Some notes concerning preconditioning of linear parabolic optimal control problems
Luise Blank
TL;DR
This work analyzes conditioning in linear parabolic PDE-constrained optimization with Neumann boundaries and end-time tracking. It proves mesh-independent conditioning for the reduced system under implicit $dG(0)$ time discretization and conforming spatial FE, and develops a Greif–Schötzau-based preconditioner for the all-at-once saddle-point system that yields spectrally clustered, discretization-insensitive behavior. Numerical experiments in multiple space dimensions validate the theoretical bounds and demonstrate robust, low iteration counts for both reduced and all-at-once formulations. The results provide practical preconditioning strategies for fast solvers in PDE-constrained parabolic optimization and clarify a trade-off between reduced and full-system approaches.
Abstract
In this paper we study the conditioning of optimal control problems constrained by linear parabolic equations with Neumann boundary conditions. While we concentrate on a given end-time target function the results hold also when the target function is given over the whole time horizon.

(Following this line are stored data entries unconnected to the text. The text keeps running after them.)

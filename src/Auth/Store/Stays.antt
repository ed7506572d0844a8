-- ===== src/Auth/Store/Stays.antt =====
-- An administrator stays through each operation of crates/server/src/auth/mod.rs.
use vaylix.Prelude.{
  ◌≤◌, ◌≡◌, refl, String, Bool, true, false, ◌&&◌, not, Option, none, some, List, [], ◌∷◌, Result,
  ok, err, str_eq, eq_iff, if◌then◌else◌, arith,
}
use vaylix.Table.{lookup, insert, contains_key}
use vaylix.Table.Laws.{IsMap, IsMap-insert, IsMap-remove, lookup-insert, lookup-remove}
use vaylix.Auth.Error.{ServerError}
use vaylix.Auth.Grants.{Permission, same_permission, member, add, discard}
use vaylix.Auth.Store.{
  Secrets, UserRecord, RoleRecord, StoredAuth, AuthStore, admin_role, is_admin, one_if,
  count_admins, validate_password_policy, Outcome, save, put_user, new_user, rehashed,
  is_last_admin, put_role, refused, create_user, alter_user_password, drop_user, create_role,
  drop_role, grant_role, revoke_role, grant_permission, revoked, revoke_permission,
}
use vaylix.Auth.Store.Count.{
  admin_at, count_admins-insert, count_admins-remove, count_admins-without_role, IsMap-without_role,
  member-discard,
}

-- The role of the administrators gives every permission.
abbrev pub gives_all : Option RoleRecord → Bool
gives_all none = false
gives_all (some role) = member same_permission Permission.admin role.permissions

-- An enabled administrator is left, and the role still gives every permission.
pub record IsOpen (stored : StoredAuth) : Type 0 where
  pub users : IsMap stored.users
  pub admins : 1 ≤ count_admins stored.users
  pub role : gives_all (lookup admin_role stored.roles) ≡ true

-- What an operation makes of the store.
pub record Stays (store : AuthStore) (o : Outcome) : Type 0 where
  pub stays : IsOpen store.stored → IsOpen o.1.stored

module _ (store : AuthStore) where
  result_Stays :
      {A : Type 0} (r : Result ServerError A) {f : ServerError → Outcome} {g : A → Outcome}
      → ((e : ServerError) → Stays store (f e))
      → ((a : A) → r ≡ ok a → Stays store (g a))
      → Stays store (elim r [ err e ↦ f e | ok a ↦ g a ])
  result_Stays (err e) h k = h e
  result_Stays (ok a) h k = k a refl

  option_Stays :
      {A : Type 0} (r : Option A) {f : Outcome} {g : A → Outcome}
      → Stays store f
      → ((a : A) → r ≡ some a → Stays store (g a))
      → Stays store (elim r [ none ↦ f | some a ↦ g a ])
  option_Stays none h k = h
  option_Stays (some a) h k = k a refl

  if_Stays :
      (t : Bool) {x y : Outcome}
      → (t ≡ true → Stays store x)
      → (t ≡ false → Stays store y)
      → Stays store (if t then x else y)
  if_Stays true h k = h refl
  if_Stays false h k = k refl

  refused-Stays : (e : ServerError) → Stays store (refused e store)
  refused-Stays e = record { stays = λ v. v }

  save-Stays :
      (s : Secrets) (after : AuthStore)
      → (IsOpen store.stored → IsOpen after.stored)
      → Stays store (save s after)
  save-Stays s after h =
      let same : (save s after).1 ≡ after = ground arith in record { stays = λ v. rw (same) (h v) }

  put_user-Stays :
      (s : Secrets) (name : String) (r : Result ServerError UserRecord)
      → ((user : UserRecord)
          → r ≡ ok user
          → IsOpen store.stored
          → 1 ≤ count_admins (insert name user store.stored.users))
      → Stays store (put_user s name store r)
  put_user-Stays s name (err e) h = refused-Stays e
  put_user-Stays s name (ok user) h = save-Stays s _ λ v. record {
    users = IsMap-insert name user store.stored.users v.users;
    admins = h user refl v;
    role = v.role;
  }

  -- A user that is put in the place of a user who was no enabled administrator, or is one still.
  put_keeps :
      (name : String) (user : UserRecord)
      → admin_at name store.stored.users ≤ one_if (is_admin user)
      → IsOpen store.stored
      → 1 ≤ count_admins (insert name user store.stored.users)
  put_keeps name user h v =
      let e = count_admins-insert name user store.stored.users in let n = v.admins in omega arith

  put_role-Stays :
      (s : Secrets) (name : String) (role : RoleRecord)
      → (str_eq name admin_role ≡ true
          → gives_all (lookup admin_role store.stored.roles) ≡ true
          → gives_all (some role) ≡ true)
      → Stays store (put_role s name role store)
  put_role-Stays s name role h = save-Stays s _ λ v. record {
    users = v.users;
    admins = v.admins;
    role = ground (arith, h, v.role, lookup-insert name admin_role role store.stored.roles);
  }

member-add :
    (x role : String) (roles : List String)
    → member str_eq x roles ≡ true
    → member str_eq x (add str_eq role roles) ≡ true
member-add x role roles h = ground arith

admin-discard :
    (permission : Permission) (permissions : List Permission)
    → same_permission permission Permission.admin ≡ false
    → member same_permission Permission.admin (discard same_permission permission permissions)
      ≡ member same_permission Permission.admin permissions
admin-discard permission [] h = refl
admin-discard permission (p ∷ permissions) h =
    ground (arith, admin-discard permission permissions h)

module _ (s : Secrets) (store : AuthStore) where
  pub create_user-Stays : (name password : String) → Stays store (create_user s name password store)
  unfolding create_user contains_key
  create_user-Stays name password =
      result_Stays store (validate_password_policy password) (refused-Stays store) λ _ _.
        if_Stays store (contains_key name store.stored.users) (λ _. refused-Stays store _)
          λ absent.
            put_user-Stays store s name (new_user s password)
              λ user e. put_keeps store name user (ground arith)

  pub alter_user_password-Stays :
      (name password : String) → Stays store (alter_user_password s name password store)
  unfolding alter_user_password
  alter_user_password-Stays name password =
      result_Stays store (validate_password_policy password) (refused-Stays store) λ _ _.
        option_Stays store (lookup name store.stored.users) (refused-Stays store _) λ old found.
          put_user-Stays store s name (rehashed s old password)
            λ user e. put_keeps store name user (ground arith)

  pub drop_user-Stays : (name : String) → Stays store (drop_user s name store)
  unfolding drop_user contains_key
  drop_user-Stays name =
      if_Stays store (not (contains_key name store.stored.users)) (λ _. refused-Stays store _)
        λ _.
          if_Stays store (is_last_admin name store) (λ _. refused-Stays store _)
            λ kept. save-Stays store s _ λ v. record {
              users = IsMap-remove name store.stored.users v.users;
              admins =
                  ground (arith, v.admins, count_admins-remove name store.stored.users v.users);
              role = v.role;
            }

  pub create_role-Stays : (role : String) → Stays store (create_role s role store)
  unfolding create_role contains_key
  create_role-Stays role =
      if_Stays store (contains_key role store.stored.roles) (λ _. refused-Stays store _)
        λ absent. put_role-Stays store s role _ (λ e k. ground (arith, eq_iff role admin_role))

  pub drop_role-Stays : (role : String) → Stays store (drop_role s role store)
  unfolding drop_role
  drop_role-Stays role =
      if_Stays store (str_eq role admin_role) (λ _. refused-Stays store _)
        λ other.
          if_Stays store (not (contains_key role store.stored.roles)) (λ _. refused-Stays store _)
            λ _. save-Stays store s _ λ v. record {
              users = IsMap-without_role role store.stored.users v.users;
              admins = rw (count_admins-without_role role store.stored.users other) v.admins;
              role = ground (arith, v.role, lookup-remove role admin_role store.stored.roles);
            }

  pub grant_role-Stays : (role name : String) → Stays store (grant_role s role name store)
  unfolding grant_role
  grant_role-Stays role name =
      if_Stays store (not (contains_key role store.stored.roles)) (λ _. refused-Stays store _)
        λ _.
          option_Stays store (lookup name store.stored.users) (refused-Stays store _) λ old found.
            put_user-Stays store s name (ok (record old { roles = add str_eq role old.roles }))
              λ user e.
                put_keeps store name user (ground (arith, member-add admin_role role old.roles))

  pub revoke_role-Stays : (role name : String) → Stays store (revoke_role s role name store)
  unfolding revoke_role
  revoke_role-Stays role name =
      if_Stays store (str_eq role admin_role && is_last_admin name store)
        (λ _. refused-Stays store _)
        λ kept.
          option_Stays store (lookup name store.stored.users) (refused-Stays store _) λ old found.
            put_user-Stays store s name (ok (record old { roles = discard str_eq role old.roles }))
              λ user e v. ground (
                arith,
                v.admins,
                count_admins-insert name user store.stored.users,
                member-discard admin_role role old.roles,
              )

  pub grant_permission-Stays :
      (permission : Permission) (pattern name : String)
      → Stays store (grant_permission s permission pattern name store)
  unfolding grant_permission
  grant_permission-Stays permission pattern name =
      option_Stays store (lookup name store.stored.roles) (refused-Stays store _)
        λ old found. put_role-Stays store s name _ (λ e k. ground (arith, eq_iff name admin_role))

  pub revoke_permission-Stays :
      (permission : Permission) (pattern name : String)
      → Stays store (revoke_permission s permission pattern name store)
  unfolding revoke_permission
  revoke_permission-Stays permission pattern name =
      if_Stays store
        (str_eq name admin_role
          && same_permission permission Permission.admin
          && str_eq pattern "*")
        (λ _. refused-Stays store _)
        λ kept.
          option_Stays store (lookup name store.stored.roles) (refused-Stays store _) λ old found.
            put_role-Stays store s name (revoked permission pattern old) (λ e k.
              ground (arith, eq_iff name admin_role, admin-discard permission old.permissions))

When implicit time discretization and conforming finite elements in space are employed we show that the reduced problem formulation has condition numbers which are bounded independently of the discretization level in arbitrary space dimension. In addition we propose for the all-at-once approach, i.e. for the first-order conditions of the unreduced system a preconditioner based on work by Greif and Schötzau, which provides also bounds on the eigenvalue distribution independently of the discretization level. Numerical experiments demonstrate the obtained results and the efficiency of the suggested preconditioners.